- _THE TASK_: Select, from the data, each line where "coordinator" occurs.

(Excerpts from a dataset)
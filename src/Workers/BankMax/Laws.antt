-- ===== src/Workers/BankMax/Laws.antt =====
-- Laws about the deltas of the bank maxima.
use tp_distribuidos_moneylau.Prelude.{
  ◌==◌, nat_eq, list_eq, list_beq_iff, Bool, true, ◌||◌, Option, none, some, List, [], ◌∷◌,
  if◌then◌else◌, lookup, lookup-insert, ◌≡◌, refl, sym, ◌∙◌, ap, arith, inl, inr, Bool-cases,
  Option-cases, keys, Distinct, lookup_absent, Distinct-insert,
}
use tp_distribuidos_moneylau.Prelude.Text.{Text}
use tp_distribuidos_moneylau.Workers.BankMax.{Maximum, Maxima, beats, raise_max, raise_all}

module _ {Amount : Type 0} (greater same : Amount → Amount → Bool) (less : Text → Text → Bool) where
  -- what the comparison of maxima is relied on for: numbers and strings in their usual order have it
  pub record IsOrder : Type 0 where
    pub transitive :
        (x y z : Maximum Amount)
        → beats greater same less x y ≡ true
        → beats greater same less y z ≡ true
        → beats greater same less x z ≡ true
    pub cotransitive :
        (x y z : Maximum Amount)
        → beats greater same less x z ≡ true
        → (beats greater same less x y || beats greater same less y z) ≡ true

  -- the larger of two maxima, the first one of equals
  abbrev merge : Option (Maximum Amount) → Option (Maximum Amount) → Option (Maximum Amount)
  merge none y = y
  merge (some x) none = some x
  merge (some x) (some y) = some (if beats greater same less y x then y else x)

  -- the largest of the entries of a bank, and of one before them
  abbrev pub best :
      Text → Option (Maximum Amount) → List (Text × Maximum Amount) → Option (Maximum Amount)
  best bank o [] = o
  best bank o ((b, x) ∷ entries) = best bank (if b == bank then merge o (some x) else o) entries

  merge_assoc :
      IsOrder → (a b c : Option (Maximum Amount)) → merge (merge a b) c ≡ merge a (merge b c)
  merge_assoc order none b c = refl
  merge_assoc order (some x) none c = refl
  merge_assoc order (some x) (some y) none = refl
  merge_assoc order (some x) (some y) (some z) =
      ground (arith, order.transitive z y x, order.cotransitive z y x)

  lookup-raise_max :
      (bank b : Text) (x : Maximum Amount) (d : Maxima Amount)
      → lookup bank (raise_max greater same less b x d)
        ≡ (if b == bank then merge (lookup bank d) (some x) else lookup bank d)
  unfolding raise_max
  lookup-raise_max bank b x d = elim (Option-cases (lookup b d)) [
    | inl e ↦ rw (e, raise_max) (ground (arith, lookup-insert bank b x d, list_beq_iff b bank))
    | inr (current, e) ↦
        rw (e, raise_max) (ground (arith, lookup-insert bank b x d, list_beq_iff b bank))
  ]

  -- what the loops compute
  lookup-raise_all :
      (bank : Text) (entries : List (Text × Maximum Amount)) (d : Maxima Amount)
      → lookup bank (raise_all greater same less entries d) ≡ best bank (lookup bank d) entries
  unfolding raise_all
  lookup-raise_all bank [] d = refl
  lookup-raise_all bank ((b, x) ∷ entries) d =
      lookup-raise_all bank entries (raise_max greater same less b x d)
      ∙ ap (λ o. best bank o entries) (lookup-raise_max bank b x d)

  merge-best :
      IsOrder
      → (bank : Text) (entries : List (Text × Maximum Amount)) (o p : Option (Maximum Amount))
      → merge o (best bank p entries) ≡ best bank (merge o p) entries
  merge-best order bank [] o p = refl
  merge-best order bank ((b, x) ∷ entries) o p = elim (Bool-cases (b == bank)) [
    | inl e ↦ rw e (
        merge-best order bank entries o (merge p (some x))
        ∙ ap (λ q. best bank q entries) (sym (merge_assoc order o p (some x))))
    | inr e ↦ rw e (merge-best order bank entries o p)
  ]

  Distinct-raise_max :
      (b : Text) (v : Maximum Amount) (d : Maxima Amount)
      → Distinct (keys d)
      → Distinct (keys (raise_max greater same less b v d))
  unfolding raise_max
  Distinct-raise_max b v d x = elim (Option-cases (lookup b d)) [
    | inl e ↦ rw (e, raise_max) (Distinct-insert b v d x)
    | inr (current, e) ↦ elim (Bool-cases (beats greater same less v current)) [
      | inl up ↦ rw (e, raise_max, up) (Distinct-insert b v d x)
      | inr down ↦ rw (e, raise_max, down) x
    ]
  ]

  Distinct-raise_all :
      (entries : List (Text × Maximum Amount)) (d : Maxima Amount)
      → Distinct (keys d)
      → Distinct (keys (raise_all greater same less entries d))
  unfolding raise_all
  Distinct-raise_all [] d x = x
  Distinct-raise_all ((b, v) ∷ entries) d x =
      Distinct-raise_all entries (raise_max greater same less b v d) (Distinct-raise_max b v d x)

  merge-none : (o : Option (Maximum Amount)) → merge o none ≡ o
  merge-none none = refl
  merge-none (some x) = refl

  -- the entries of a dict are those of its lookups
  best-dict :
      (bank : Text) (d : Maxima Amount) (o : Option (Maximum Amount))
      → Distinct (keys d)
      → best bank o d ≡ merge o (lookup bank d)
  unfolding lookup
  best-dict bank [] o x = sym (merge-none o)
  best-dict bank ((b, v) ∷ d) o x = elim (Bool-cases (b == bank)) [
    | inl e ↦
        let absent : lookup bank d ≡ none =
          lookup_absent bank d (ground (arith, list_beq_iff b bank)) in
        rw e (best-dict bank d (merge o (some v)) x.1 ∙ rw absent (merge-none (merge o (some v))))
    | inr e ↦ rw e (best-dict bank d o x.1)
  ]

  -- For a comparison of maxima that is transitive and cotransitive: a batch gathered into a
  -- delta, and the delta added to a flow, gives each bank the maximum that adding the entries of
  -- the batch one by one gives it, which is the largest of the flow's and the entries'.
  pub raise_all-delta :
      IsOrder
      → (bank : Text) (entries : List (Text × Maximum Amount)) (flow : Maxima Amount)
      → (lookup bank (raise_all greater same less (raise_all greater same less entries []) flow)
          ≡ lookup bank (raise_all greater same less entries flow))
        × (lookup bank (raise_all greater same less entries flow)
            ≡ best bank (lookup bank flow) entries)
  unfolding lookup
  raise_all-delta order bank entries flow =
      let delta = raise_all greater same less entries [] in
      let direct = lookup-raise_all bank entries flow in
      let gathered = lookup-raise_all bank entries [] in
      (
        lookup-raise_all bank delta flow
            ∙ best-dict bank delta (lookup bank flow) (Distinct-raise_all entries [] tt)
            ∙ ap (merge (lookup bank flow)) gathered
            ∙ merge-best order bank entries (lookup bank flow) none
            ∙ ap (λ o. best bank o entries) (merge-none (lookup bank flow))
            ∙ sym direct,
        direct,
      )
...
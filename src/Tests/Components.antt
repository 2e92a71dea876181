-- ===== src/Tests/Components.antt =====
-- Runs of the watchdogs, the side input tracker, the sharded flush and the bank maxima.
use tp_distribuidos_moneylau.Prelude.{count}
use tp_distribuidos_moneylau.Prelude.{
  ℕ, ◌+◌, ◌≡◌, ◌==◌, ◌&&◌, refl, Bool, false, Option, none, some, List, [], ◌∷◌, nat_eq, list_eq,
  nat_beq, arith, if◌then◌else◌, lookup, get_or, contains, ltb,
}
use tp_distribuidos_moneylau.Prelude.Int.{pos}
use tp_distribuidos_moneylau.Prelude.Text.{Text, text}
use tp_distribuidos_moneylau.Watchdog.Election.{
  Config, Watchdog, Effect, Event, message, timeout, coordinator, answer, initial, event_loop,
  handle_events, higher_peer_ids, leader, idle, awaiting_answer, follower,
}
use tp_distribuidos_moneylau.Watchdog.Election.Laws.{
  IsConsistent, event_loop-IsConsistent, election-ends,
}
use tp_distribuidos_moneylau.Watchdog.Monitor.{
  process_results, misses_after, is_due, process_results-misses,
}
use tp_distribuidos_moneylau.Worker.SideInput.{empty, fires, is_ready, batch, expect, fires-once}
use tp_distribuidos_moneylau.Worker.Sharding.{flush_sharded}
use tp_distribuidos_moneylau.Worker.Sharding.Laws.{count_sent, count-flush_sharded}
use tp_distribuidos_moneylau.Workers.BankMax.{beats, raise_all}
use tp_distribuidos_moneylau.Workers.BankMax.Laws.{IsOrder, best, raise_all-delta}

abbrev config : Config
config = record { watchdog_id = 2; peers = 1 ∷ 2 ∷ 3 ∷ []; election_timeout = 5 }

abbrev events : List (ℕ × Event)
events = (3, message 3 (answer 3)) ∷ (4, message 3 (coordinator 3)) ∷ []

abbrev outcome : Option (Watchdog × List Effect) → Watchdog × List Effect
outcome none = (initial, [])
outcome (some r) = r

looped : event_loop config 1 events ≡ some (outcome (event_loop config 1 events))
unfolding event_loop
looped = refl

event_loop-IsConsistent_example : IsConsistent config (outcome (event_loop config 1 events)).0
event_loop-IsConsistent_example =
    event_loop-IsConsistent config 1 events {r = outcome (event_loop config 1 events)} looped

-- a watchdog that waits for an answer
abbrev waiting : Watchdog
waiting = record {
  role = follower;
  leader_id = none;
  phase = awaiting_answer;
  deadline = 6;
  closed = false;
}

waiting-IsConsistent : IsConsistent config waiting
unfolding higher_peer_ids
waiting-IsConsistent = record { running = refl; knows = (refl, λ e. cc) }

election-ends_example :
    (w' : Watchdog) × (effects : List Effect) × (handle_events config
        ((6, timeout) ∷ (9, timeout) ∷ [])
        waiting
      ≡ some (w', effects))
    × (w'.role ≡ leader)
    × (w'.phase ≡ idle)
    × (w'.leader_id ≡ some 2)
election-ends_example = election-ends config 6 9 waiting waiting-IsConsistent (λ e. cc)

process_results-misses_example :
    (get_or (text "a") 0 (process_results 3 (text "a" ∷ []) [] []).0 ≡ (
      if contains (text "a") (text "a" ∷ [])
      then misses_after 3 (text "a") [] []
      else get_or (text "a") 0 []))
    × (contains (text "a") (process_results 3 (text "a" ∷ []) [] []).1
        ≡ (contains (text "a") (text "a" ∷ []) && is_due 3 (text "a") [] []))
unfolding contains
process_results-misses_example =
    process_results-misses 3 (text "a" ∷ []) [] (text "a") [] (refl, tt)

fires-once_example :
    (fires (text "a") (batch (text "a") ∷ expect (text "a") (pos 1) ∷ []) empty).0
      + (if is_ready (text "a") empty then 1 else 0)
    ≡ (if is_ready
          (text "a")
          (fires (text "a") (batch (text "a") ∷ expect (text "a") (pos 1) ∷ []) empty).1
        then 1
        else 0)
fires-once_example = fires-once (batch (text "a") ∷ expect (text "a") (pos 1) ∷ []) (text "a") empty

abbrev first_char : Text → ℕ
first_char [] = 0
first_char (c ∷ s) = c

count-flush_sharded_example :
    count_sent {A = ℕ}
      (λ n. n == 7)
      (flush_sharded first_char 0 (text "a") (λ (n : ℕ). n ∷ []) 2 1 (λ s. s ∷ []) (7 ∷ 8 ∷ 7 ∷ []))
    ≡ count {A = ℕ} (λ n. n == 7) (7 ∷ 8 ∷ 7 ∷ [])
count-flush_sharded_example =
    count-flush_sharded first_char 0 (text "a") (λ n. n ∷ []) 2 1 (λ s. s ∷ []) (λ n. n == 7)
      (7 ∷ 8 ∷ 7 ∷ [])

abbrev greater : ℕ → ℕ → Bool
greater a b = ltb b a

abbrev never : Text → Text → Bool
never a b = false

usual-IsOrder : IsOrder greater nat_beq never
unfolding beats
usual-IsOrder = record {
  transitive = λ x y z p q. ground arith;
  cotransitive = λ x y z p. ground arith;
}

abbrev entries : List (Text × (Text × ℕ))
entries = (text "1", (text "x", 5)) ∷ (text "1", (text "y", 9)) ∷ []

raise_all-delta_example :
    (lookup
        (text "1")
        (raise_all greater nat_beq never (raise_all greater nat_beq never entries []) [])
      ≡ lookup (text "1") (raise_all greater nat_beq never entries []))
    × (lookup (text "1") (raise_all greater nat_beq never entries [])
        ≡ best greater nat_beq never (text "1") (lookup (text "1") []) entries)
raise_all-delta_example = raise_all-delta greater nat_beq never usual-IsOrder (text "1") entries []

- _YOUR SOLUTION_:
  Config, Watchdog, Effect, Event, message, timeout, coordinator, answer, initial, event_loop,
events = (3, message 3 (answer 3)) ∷ (4, message 3 (coordinator 3)) ∷ []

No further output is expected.